While it certainly have been more effective for the jury to hear Mr. Horner’s testimony in full as he prepared it his conclusions were very clearly given.  Not only were his conclusions given, they were given at the behest of the prosecutor, Mr. Smith.
Reading the testimony of Mr. Horner is extremely frustrating.  He is extremely combative with both Mr. Smith and with the court.  His attitude clearly did not sit well with the jury, and because of this they may have chosen to ignore it in full.  Sadly it appears that Mr. Horner himself through his failure to provide his testimony in advance and poor attitude that contributed greatly to Ms. Amero’s conviction.
Ignorance of the Law is No Excuse
Much has been said about what Ms. Amero should have done in this situation.  It would have been very easy to cover the screen, turn off the monitor, or unplug the computer.  Her negligence in taking further measures are completely irrelevant under the law.  The charge to the jury, as read by the judge is as follows (Trial Transcript at pp.330-332):

One, that at the time of the incident the children in question were under sixteen years old.  Two, Ms. Amero wilfully or unlawfully cased or permitted the victims to be placed in a situation that was likely to impair their morals…. 

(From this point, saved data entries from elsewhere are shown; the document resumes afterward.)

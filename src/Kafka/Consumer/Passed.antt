-- ===== src/Kafka/Consumer/Passed.antt =====
-- What becomes of a message whose offset was not committed: pkg/kafkax/kafka.go, under the loop over
-- the records of a partition in engine.go.
use gosplash.Prelude.{
  ◌+◌, ◌-◌, List, [], ◌∷◌, Option, String, none, some, ◌≡◌, ◌≢◌, ◌⊎◌, inl, inr, refl, true, false,
  All, ap, ◌∙◌, Bool-cases,
}
use gosplash.Prelude.Int.{pos, ltb_ℤ}
use gosplash.Kafka.Failing.{Failing, is_permanent, wrapped}
use gosplash.Kafka.Backoff.{max_retry_attempts}
use gosplash.Kafka.Record.{Message}
use gosplash.Kafka.Runtime.{
  Runtime, World, Position, produce, commit_record, finish_sent, observe, looked,
}
use gosplash.Kafka.Consumer.{process_one, finish_with_dlq, finish_with_retry, try_in_place, settle}
use gosplash.Kafka.Consumer.Outcome.{try_in_place-Tried}

abbrev position_of : Message → Position
position_of m = record { topic = m.topic; partition = m.partition; offset = m.offset }

-- A message comes later in the same partition.
abbrev pub IsLater : Message → Message → Type 0
IsLater m x = (x.topic ≡ m.topic) × (x.partition ≡ m.partition) × (ltb_ℤ m.offset x.offset ≡ true)

-- The newest commit is for the partition of the message, and past it.
pub record PassedBy (m : Message) (commits : List Position) : Type 0 where
  pub newest : Position
  pub earlier : List Position
  pub is_newest : commits ≡ newest ∷ earlier
  pub same_topic : newest.topic ≡ m.topic
  pub same_partition : newest.partition ≡ m.partition
  pub past : ltb_ℤ m.offset newest.offset ≡ true

module _ {E S : Type 0} (rt : Runtime E S) (topic : String) where
  -- The loop of a goroutine over the records of its partition that are not cut short.
  unfoldable pub work_off : List Message → World S → World S
  work_off [] w = w
  work_off (m ∷ ms) w = work_off ms (process_one rt topic m w)

  abbrev Commits : Message → World S → World S → Type 0
  Commits m w w' = (w'.commits ≡ w.commits) ⊎ (w'.commits ≡ position_of m ∷ w.commits)

  finish_sent-Commits :
      (m copy : Message) (result failed : String) (w : World S)
      → Commits m w (finish_sent rt m result failed (produce rt copy w))
  unfolding finish_sent produce commit_record
  finish_sent-Commits m copy result failed w = elim (Bool-cases (rt.accepts w.requests)) [
    | inr no_copy ↦ rw no_copy (inl refl)
    | inl taken ↦ elim (Bool-cases (rt.accepts (w.requests + 1))) [
      | inr lost ↦ rw (taken, lost) (inl refl)
      | inl noted ↦ rw (taken, noted) (inr refl)
    ]
  ]

  settle-Commits :
      (m : Message) (p : Option Failing × World S) → Commits m p.1 (settle rt topic m p)
  unfolding settle commit_record finish_with_dlq finish_with_retry
  settle-Commits m (none, w) = elim (Bool-cases (rt.accepts w.requests)) [
    | inl noted ↦ rw noted (inr refl)
    | inr lost ↦ rw lost (inl refl)
  ]
  settle-Commits m (some f, w) = elim (Bool-cases (is_permanent f)) [
    | inl stop ↦ rw (stop, settle) (finish_sent-Commits m _ "dlq" "dlq_failed" w)
    | inr on ↦ rw (on, settle) (finish_sent-Commits m _ "retry" "retry_failed" (looked w))
  ]

  same_start :
      (m : Message) (u w w' : World S) → w.commits ≡ u.commits → Commits m w w' → Commits m u w'
  same_start m u w w' e (inl same) = inl (same ∙ e)
  same_start m u w w' e (inr more) = inr (more ∙ ap (λ ps. position_of m ∷ ps) e)

  -- A message commits its own position or nothing.
  process_one-Commits : (m : Message) (w : World S) → Commits m w (process_one rt topic m w)
  unfolding process_one finish_with_dlq
  process_one-Commits m w = by_envelope (rt.unmarshal m.value)
    where
      by_envelope :
          (o : Option E)
          → Commits m w (elim o as (λ _. World S) [
            | none ↦
                finish_with_dlq rt topic m
                  (wrapped "разбор конверта: " (rt.unmarshal_error m.value))
                  w
            | some e ↦ settle rt topic m (try_in_place rt (max_retry_attempts - 1) (pos 1) e w)
          ])
      by_envelope none = finish_sent-Commits m _ "dlq" "dlq_failed" w
      by_envelope (some e) =
          let p = try_in_place rt (max_retry_attempts - 1) (pos 1) e w in
          let t = try_in_place-Tried rt topic m (max_retry_attempts - 1) (pos 1) e w in
          same_start m w p.1 (settle rt topic m p) t.commits (settle-Commits m p)

  process_one-PassedBy :
      (m x : Message) (w : World S)
      → IsLater m x
      → PassedBy m w.commits
      → PassedBy m (process_one rt topic x w).commits
  process_one-PassedBy m x w (t, p, o) h = elim (process_one-Commits x w) [
    | inl same ↦ record {
      newest = h.newest;
      earlier = h.earlier;
      is_newest = same ∙ h.is_newest;
      same_topic = h.same_topic;
      same_partition = h.same_partition;
      past = h.past;
    }
    | inr more ↦ record {
      newest = position_of x;
      earlier = w.commits;
      is_newest = more;
      same_topic = t;
      same_partition = p;
      past = o;
    }
  ]

  work_off-PassedBy :
      (m : Message) (ms : List Message) (w : World S)
      → All (IsLater m) ms
      → PassedBy m w.commits
      → PassedBy m (work_off ms w).commits
  unfolding work_off
  work_off-PassedBy m [] w later h = h
  work_off-PassedBy m (x ∷ ms) w (l, ls) h =
      work_off-PassedBy m ms (process_one rt topic x w) ls (process_one-PassedBy m x w l h)

  work_off-Commits :
      (m : Message) (ms : List Message) (w : World S)
      → All (IsLater m) ms
      → ((work_off ms w).commits ≡ w.commits) ⊎ PassedBy m (work_off ms w).commits
  unfolding work_off
  work_off-Commits m [] w later = inl refl
  work_off-Commits m (x ∷ ms) w ((t, p, o), ls) = elim (process_one-Commits x w) [
    | inl same ↦ elim (work_off-Commits m ms (process_one rt topic x w) ls) [
      | inl same' ↦ inl (same' ∙ same)
      | inr passed ↦ inr passed
    ]
    | inr more ↦ inr (
        work_off-PassedBy m ms (process_one rt topic x w) ls (record {
          newest = position_of x;
          earlier = w.commits;
          is_newest = more;
          same_topic = t;
          same_partition = p;
          past = o;
        }))
  ]

  -- A message that cannot be decoded, whose copy is refused.
  kept_back :
      (m : Message) (w : World S)
      → rt.unmarshal m.value ≡ none
      → rt.accepts w.requests ≡ false
      → process_one rt topic m w ≡ observe "dlq_failed" (record w { requests = w.requests + 1 })
  unfolding process_one finish_with_dlq produce finish_sent
  kept_back m w bad refused = rw (bad, process_one) (rw (refused, produce) refl)

-- A message cannot be decoded and the broker refuses its copy for the DLQ. Then nothing was sent or
-- committed for it and the handler never had it; and when the goroutine goes on with later messages
-- of the partition, whatever becomes of each, and has committed anything by then, the newest
-- committed position of the partition is past the message.
pub refused_copy_is_passed :
    {E S : Type 0} (rt : Runtime E S) (topic : String) (m : Message) (ms : List Message)
    (w : World S)
    → rt.unmarshal m.value ≡ none
    → rt.accepts w.requests ≡ false
    → All (IsLater m) ms
    → (work_off rt topic (m ∷ ms) w).commits ≢ w.commits
    → let kept = process_one rt topic m w in
      (kept.produced ≡ w.produced)
      × (kept.commits ≡ w.commits)
      × (kept.user ≡ w.user)
      × PassedBy m (work_off rt topic (m ∷ ms) w).commits
unfolding work_off
refused_copy_is_passed rt topic m ms w bad refused later moved =
    let e = kept_back rt topic m w bad refused in
    (
      ap (λ x. x.produced) e,
      ap (λ x. x.commits) e,
      ap (λ x. x.user) e,
      elim (work_off-Commits rt topic m ms (process_one rt topic m w) later) [
        | inl same ↦ elim (moved (same ∙ ap (λ x. x.commits) e)) [ ]
        | inr passed ↦ passed
      ],
    )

To summarize, for the defendant to be guilty of risk of Injury to a Minor, the state must have proven beyond a reaonsble doubt, once again, that at the time of the incident the victim’s were under sixteen years old; that the defendant did act in a way likely to impair the morals of these children; the defendant had an intent to perform those acts.

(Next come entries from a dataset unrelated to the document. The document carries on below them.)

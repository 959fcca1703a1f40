-- ===== src/Kafka/Engine.antt =====
-- One goroutine for each partition: pkg/kafkax/engine.go. A schedule of events stands for the
-- callbacks of the client, the polls and the steps of the goroutines, in any order; an event that
-- the code cannot do now changes nothing.
pub mod Fifo
pub mod Counts
pub mod Single
mod Tests
use gosplash.Prelude.{
  ℕ, suc, String, List, [], ◌∷◌, ◌++◌, Option, none, some, Bool, true, false, ◌&&◌, ◌||◌, not,
  str_eq, if◌then◌else◌, length, ltb, ◌==◌, map,
}
use gosplash.Prelude.Int.{ℤ, ◌==ℤ◌}
use gosplash.Kafka.Record.{Message}

-- `tp`
pub record Tp : Type 0 where
  pub topic : String
  pub partition : ℤ

unfoldable pub same_tp : Tp → Tp → Bool
same_tp a b = str_eq a.topic b.topic && a.partition ==ℤ b.partition

-- A `partitionWorker` with the variables of its `run`: the channel, the batch in hand and the record
-- that is being processed. `listed` says that the map of the engine has it; `sent` and `handled`
-- log what `dispatch` sent and what was processed.
pub record Worker : Type 0 where
  pub id : ℕ
  pub tp : Tp
  pub listed : Bool
  pub recs : List (List Message)
  pub batch : List Message
  pub busy : Option Message
  pub quit : Bool
  pub done : Bool
  pub sent : List Message
  pub handled : List Message

-- The goroutines that were ever started, the number of the next, and those for which a callback
-- waits.
pub record Engine : Type 0 where
  pub workers : List Worker
  pub next_id : ℕ
  pub waiting : List ℕ

abbrev pub no_workers : Engine
no_workers = record { workers = []; next_id = 0; waiting = [] }

-- The buffer of `recs`.
abbrev pub recs_capacity : ℕ
recs_capacity = 4

-- `newPartitionWorker`
unfoldable pub new_worker : ℕ → Tp → Worker
new_worker i p = record {
  id = i;
  tp = p;
  listed = true;
  recs = [];
  batch = [];
  busy = none;
  quit = false;
  done = false;
  sent = [];
  handled = [];
}

-- The entry of the map for a partition.
unfoldable pub is_listed : Tp → Worker → Bool
unfolding same_tp
is_listed p w = w.listed && same_tp w.tp p

-- An entry of the map that is overwritten or deleted; the goroutine is not told.
unfoldable pub unlist : Tp → Worker → Worker
unfolding is_listed
unlist p w = if is_listed p w then record w { listed = false } else w

-- `assigned`
unfoldable pub assign_one : Tp → Engine → Engine
unfolding unlist new_worker
assign_one p e = record {
  workers = new_worker e.next_id p ∷ map (unlist p) e.workers;
  next_id = suc e.next_id;
  waiting = e.waiting;
}

unfoldable pub assigned : List Tp → Engine → Engine
unfolding assign_one
assigned [] e = e
assigned (p ∷ ps) e = assigned ps (assign_one p e)

-- The loop of `stop` under the lock: what was stopped is then waited for.
unfoldable pub close_quit : Tp → Worker → Worker
unfolding is_listed
close_quit p w = if is_listed p w then record w { listed = false; quit = true } else w

unfoldable pub listed_ids : Tp → List Worker → List ℕ
unfolding is_listed
listed_ids p [] = []
listed_ids p (w ∷ ws) = let rest = listed_ids p ws in if is_listed p w then w.id ∷ rest else rest

unfoldable pub stop_one : Tp → Engine → Engine
unfolding close_quit listed_ids
stop_one p e = record e {
  workers = map (close_quit p) e.workers;
  waiting = listed_ids p e.workers ++ e.waiting;
}

unfoldable pub stop : List Tp → Engine → Engine
unfolding stop_one
stop [] e = e
stop (p ∷ ps) e = stop ps (stop_one p e)

-- `stopAll`
unfoldable pub all_listed : List Worker → List Tp
all_listed [] = []
all_listed (w ∷ ws) = let rest = all_listed ws in if w.listed then w.tp ∷ rest else rest

unfoldable pub stop_all : Engine → Engine
unfolding stop all_listed
stop_all e = stop (all_listed e.workers) e

-- The end of `stop`: every channel `done` that it waits for is closed.
unfoldable pub is_in : ℕ → List ℕ → Bool
is_in i [] = false
is_in i (j ∷ js) = i == j || is_in i js

unfoldable pub all_done : List ℕ → List Worker → Bool
unfolding is_in
all_done ids [] = true
all_done ids (w ∷ ws) = (not (is_in w.id ids) || w.done) && all_done ids ws

unfoldable pub stopped : Engine → Engine
unfolding all_done
stopped e = if all_done e.waiting e.workers then record e { waiting = [] } else e

-- `dispatch` of the records of one partition. At a full channel the code waits, so nothing happens.
unfoldable pub send : Tp → List Message → Worker → Worker
unfolding is_listed
send p ms w =
    if is_listed p w && ltb (length w.recs) recs_capacity
    then record w { recs = w.recs ++ ms ∷ []; sent = w.sent ++ ms }
    else w

unfoldable pub dispatch : Tp → List Message → Engine → Engine
unfolding send
dispatch p [] e = e
dispatch p (m ∷ ms) e = record e { workers = map (send p (m ∷ ms)) e.workers }

-- Receiving from `recs`, with nothing in hand.
unfoldable pub take_batch : List (List Message) → List Message → Option Message → Worker → Worker
take_batch [] batch busy w = w
take_batch (b ∷ bs) [] none w = if w.done then w else record w { recs = bs; batch = b }
take_batch (b ∷ bs) [] (some m) w = w
take_batch (b ∷ bs) (x ∷ xs) busy w = w

-- The next record of the batch, after the test of `quit`.
unfoldable pub start_record : List Message → Option Message → Worker → Worker
start_record [] busy w = w
start_record (m ∷ ms) (some x) w = w
start_record (m ∷ ms) none w =
    if w.quit || w.done then w else record w { batch = ms; busy = some m }

-- `process` returns.
unfoldable pub finish_record : Option Message → Worker → Worker
finish_record none w = w
finish_record (some m) w = record w { busy = none; handled = w.handled ++ m ∷ [] }

-- A `return` of `run` on `quit`, between two records or two batches.
unfoldable pub leave : Option Message → Worker → Worker
leave (some m) w = w
leave none w = if w.quit then record w { done = true } else w

pub data Step : Type 0 where
  takes starts finishes leaves : Step

unfoldable pub step_worker : Step → Worker → Worker
unfolding take_batch start_record finish_record leave
step_worker takes w = take_batch w.recs w.batch w.busy w
step_worker starts w = start_record w.batch w.busy w
step_worker finishes w = finish_record w.busy w
step_worker leaves w = leave w.busy w

unfoldable pub on_worker : ℕ → Step → Worker → Worker
unfolding step_worker
on_worker i s w = if w.id == i then step_worker s w else w

pub data Event : Type 0 where
  on_assigned on_stop : List Tp → Event
  on_exit on_stopped : Event
  on_dispatch : Tp → List Message → Event
  on_step : ℕ → Step → Event

unfoldable pub happen : Event → Engine → Engine
unfolding assigned stop stop_all stopped dispatch on_worker
happen (on_assigned ps) e = assigned ps e
happen (on_stop ps) e = stop ps e
happen on_exit e = stop_all e
happen on_stopped e = stopped e
happen (on_dispatch p ms) e = dispatch p ms e
happen (on_step i s) e = record e { workers = map (on_worker i s) e.workers }

unfoldable pub run_events : List Event → Engine → Engine
unfolding happen
run_events [] e = e
run_events (v ∷ vs) e = run_events vs (happen v e)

The judge makes it very clear that in order to be convicted, Ms. Amero had to have acted purposefully in her actions.  Ms. Amero did not purposefully access the pornographic web sites and the fact that she could have done more to protect the children is largely irrelevant.  
The local media largely ignored this fact.  
The jury largely ignored this fact.  
One of the jurors, in an interview with the Norwich Bulletin, said, “One of the things we tried to decide is, did she do due dilligence in not exposing the kids?  Did she do what any reasonable person would have done in that situation?”
If that was the case, then the jurors were served poorly by the attorneys in explaining the standards set by the statute.  Nowhere in the statute or the jury charge is the phrase “reasonable person” used.  This statement strongly supports a motion for judgment notwithstanding the verdict.
At the end of the day, Ms. Amero’s sentence will be much lighter than the maximum 40 years she faces.  The amount of material that has been written about the case has no doubt reached the judge, and she will take the whole picture into account when handing down the verdict.  
Ms. Amero’s case underlines the desperate need for attorneys with technical expertise to become involved with cases such as this at an early stage.  Neither attorney had much business trying to help the jury find facts of which they had no understanding.  When the jury was confused, they took the law into their own hands.  It is only through strong advocacy that justice will be administered correctly.